### TO DO:
Among the entries below, please repeat exactly and only the lines from the line containing "prefix_in_range-ok (pos n)" to the line containing "prefix_in_range_pos w len h = ground arith", both lines included.
** ENTRIES SUPPLIED follows **
-- ===== src/Control/Codec/Keys.antt =====
-- `parse_lpm`, `parse_ternary` and `parse_range`: what a returned match key satisfies.
use p4net.Base.{
  ℕ, ◌-◌, ◌%◌, ◌^◌, ◌≤◌, ◌≡◌, ◌↔◌, ◌⊎◌, inl, inr, List, refl, arith, ℤ, pos, negsuc, ok,
  Result-cases,
}
use p4net.Base.Bits.{bit_and_low, bit, bit_and_within}
use p4net.Builtins.Bytes.{from_bytes}
use p4net.Control.Codec.{
  Value, Arg, one, pair, tuple, lpm_parts, check_host_bits, prefix_in_range, encode_value,
  parse_lpm, parse_ternary, parse_range,
}
use Prim.Native.Nat.{bit_and}

-- What `parse_lpm` promises of its result: the bytes encode the address, the length is that of the
-- argument and at most the width, and below the prefix all bits are zero unless the length is 0.
pub record IsLpm (arg : Arg) (w : ℕ) (bs : List ℕ) (len : ℕ) : Type 0 where
  pub addr : Value
  pub parts : lpm_parts arg ≡ ok (addr, pos len)
  pub in_range : len ≤ w
  pub encoded : encode_value addr w ≡ ok bs
  pub aligned : (len ≡ 0) ⊎ (from_bytes bs % 2 ^ (w - len) ≡ 0)

prefix_in_range-ok : (p : ℤ) (w len : ℕ) → prefix_in_range p w ≡ ok len → (p ≡ pos len) × (len ≤ w)
unfolding prefix_in_range
prefix_in_range-ok (pos n) w len e = ground arith
prefix_in_range-ok (negsuc n) w len e = cc

prefix_in_range_pos : (w len : ℕ) → len ≤ w → prefix_in_range (pos len) w ≡ ok len
unfolding prefix_in_range
prefix_in_range_pos w len h = ground arith

check_host_bits-ok :
    (out bs : List ℕ) (n len w : ℕ)
    → check_host_bits out n w ≡ ok (bs, len)
    → (out ≡ bs) × (n ≡ len) × ((n ≡ 0) ⊎ (from_bytes out % 2 ^ (w - n) ≡ 0))
unfolding check_host_bits
check_host_bits-ok out bs n len w e =
    (ground arith, ground arith, ground (arith, bit_and_low (w - n) (from_bytes out)))

check_host_bits_aligned :
    (bs : List ℕ) (len w : ℕ)
    → (len ≡ 0) ⊎ (from_bytes bs % 2 ^ (w - len) ≡ 0)
    → check_host_bits bs len w ≡ ok (bs, len)
unfolding check_host_bits
check_host_bits_aligned bs len w (inl h) = ground arith
check_host_bits_aligned bs len w (inr h) = ground (arith, bit_and_low (w - len) (from_bytes bs))

IsLpm-of_steps :
    (arg : Arg) (addr : Value) (prefix : ℤ) (w n len : ℕ) (out bs : List ℕ)
    → lpm_parts arg ≡ ok (addr, prefix)
    → prefix_in_range prefix w ≡ ok n
    → encode_value addr w ≡ ok out
    → check_host_bits out n w ≡ ok (bs, len)
    → IsLpm arg w bs len
IsLpm-of_steps arg addr prefix w n len out bs e1 e2 e3 e4 =
    let (same, size, aligned) = check_host_bits-ok out bs n len w e4 in
    let (whole, fits) = prefix_in_range-ok prefix w n e2 in
    record {
      addr = addr;
      parts = cc;
      in_range = omega arith;
      encoded = cc;
      aligned = rw (← same, ← size) aligned;
    }

parse_lpm→IsLpm :
    (arg : Arg) (w : ℕ) (bs : List ℕ) (len : ℕ)
    → parse_lpm arg w ≡ ok (bs, len)
    → IsLpm arg w bs len
unfolding parse_lpm
parse_lpm→IsLpm arg w bs len e = elim (Result-cases (lpm_parts arg)) [
  | inr (x, e1) ↦ ground arith
  | inl ((addr, prefix), e1) ↦ elim (Result-cases (prefix_in_range prefix w)) [
    | inr (x, e2) ↦ ground arith
    | inl (n, e2) ↦ elim (Result-cases (encode_value addr w)) [
      | inr (x, e3) ↦ ground arith
      | inl (out, e3) ↦ IsLpm-of_steps arg addr prefix w n len out bs e1 e2 e3 (ground arith)
    ]
  ]
]

IsLpm→parse_lpm :
    (arg : Arg) (w : ℕ) (bs : List ℕ) (len : ℕ)
    → IsLpm arg w bs len
    → parse_lpm arg w ≡ ok (bs, len)
unfolding parse_lpm
IsLpm→parse_lpm arg w bs len h =
    rw (h.parts, prefix_in_range_pos w len h.in_range, h.encoded)
      (check_host_bits_aligned bs len w h.aligned)

-- `parse_lpm` returns exactly the keys that `IsLpm` describes.
pub parse_lpm-iff-IsLpm :
    (arg : Arg) (w : ℕ) (bs : List ℕ) (len : ℕ)
    → (parse_lpm arg w ≡ ok (bs, len)) ↔ IsLpm arg w bs len
parse_lpm-iff-IsLpm arg w bs len = (parse_lpm→IsLpm arg w bs len, IsLpm→parse_lpm arg w bs len)

-- Of a pair, `parse_ternary` returns what its parts encode to, unless its own test refuses them.
pub parse_ternary_iff :
    (v m : Value) (w : ℕ) (bs mask : List ℕ)
    → (parse_ternary (pair v m) w ≡ ok (bs, mask)) ↔ (
        (encode_value v w ≡ ok bs)
        × (encode_value m w ≡ ok mask)
        × ((from_bytes mask ≡ 0) ⊎ (bit_and (from_bytes bs) (from_bytes mask) ≡ from_bytes bs)))
unfolding parse_ternary
parse_ternary_iff v m w bs mask =
    (λ e. (ground arith, ground arith, ground arith), λ h. ground arith)

-- Of a pair, `parse_range` returns what its parts encode to, unless the first is the larger.
pub parse_range_iff :
    (low high : Value) (w : ℕ) (lo hi : List ℕ)
    → (parse_range (pair low high) w ≡ ok (lo, hi)) ↔ (
        (encode_value low w ≡ ok lo)
        × (encode_value high w ≡ ok hi)
        × (from_bytes lo ≤ from_bytes hi))
unfolding parse_range
parse_range_iff low high w lo hi =
    (λ e. (ground arith, ground arith, ground arith), λ h. ground arith)

-- A value and a mask: the argument is the pair of them, `bs` and `mask` are their encodings, and
-- the mask is zero or has a digit 1 wherever the value has one.
pub record IsTernary (arg : Arg) (w : ℕ) (bs mask : List ℕ) : Type 0 where
  pub value : Value
  pub mask_value : Value
  pub parts : arg ≡ pair value mask_value
  pub encoded : encode_value value w ≡ ok bs
  pub mask_encoded : encode_value mask_value w ≡ ok mask
  pub within : (from_bytes mask ≡ 0) ⊎ ((i : ℕ) → bit i (from_bytes bs) ≤ bit i (from_bytes mask))

parse_ternary→IsTernary :
    (arg : Arg) (w : ℕ) (bs mask : List ℕ)
    → parse_ternary arg w ≡ ok (bs, mask)
    → IsTernary arg w bs mask
unfolding parse_ternary
parse_ternary→IsTernary (one v) w bs mask e = cc
parse_ternary→IsTernary tuple w bs mask e = cc
parse_ternary→IsTernary (pair v m) w bs mask e =
    let (encoded, mask_encoded, within) = (parse_ternary_iff v m w bs mask).0 e in
    record {
      value = v;
      mask_value = m;
      parts = refl;
      encoded = encoded;
      mask_encoded = mask_encoded;
      within = elim within [
        | inl none_set ↦ inl none_set
        | inr same ↦ inr ((bit_and_within (from_bytes bs) (from_bytes mask)).0 same)
      ];
    }

IsTernary→parse_ternary :
    (arg : Arg) (w : ℕ) (bs mask : List ℕ)
    → IsTernary arg w bs mask
    → parse_ternary arg w ≡ ok (bs, mask)
IsTernary→parse_ternary arg w bs mask h =
    let same : (from_bytes mask ≡ 0) ⊎ (bit_and (from_bytes bs) (from_bytes mask) ≡ from_bytes bs) =
      elim h.within [
        | inl none_set ↦ inl none_set
        | inr digits ↦ inr ((bit_and_within (from_bytes bs) (from_bytes mask)).1 digits)
      ] in
    rw h.parts
      ((parse_ternary_iff h.value h.mask_value w bs mask).1 (h.encoded, h.mask_encoded, same))

-- `parse_ternary` returns `(bs, mask)` exactly where the argument is a pair whose two parts encode to
-- them and, unless the mask is zero, every binary digit 1 of the value is a digit 1 of the mask. In
-- particular it returns nothing for an argument that is no pair.
pub parse_ternary-iff-IsTernary :
    (arg : Arg) (w : ℕ) (bs mask : List ℕ)
    → (parse_ternary arg w ≡ ok (bs, mask)) ↔ IsTernary arg w bs mask
parse_ternary-iff-IsTernary arg w bs mask =
    (parse_ternary→IsTernary arg w bs mask, IsTernary→parse_ternary arg w bs mask)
** End of ENTRIES SUPPLIED **
### WRITTEN SOLUTION:
prefix_in_range-ok (pos n) w len e = ground arith
prefix_in_range-ok (negsuc n) w len e = cc

prefix_in_range_pos : (w len : ℕ) → len ≤ w → prefix_in_range (pos len) w ≡ ok len
unfolding prefix_in_range
prefix_in_range_pos w len h = ground arith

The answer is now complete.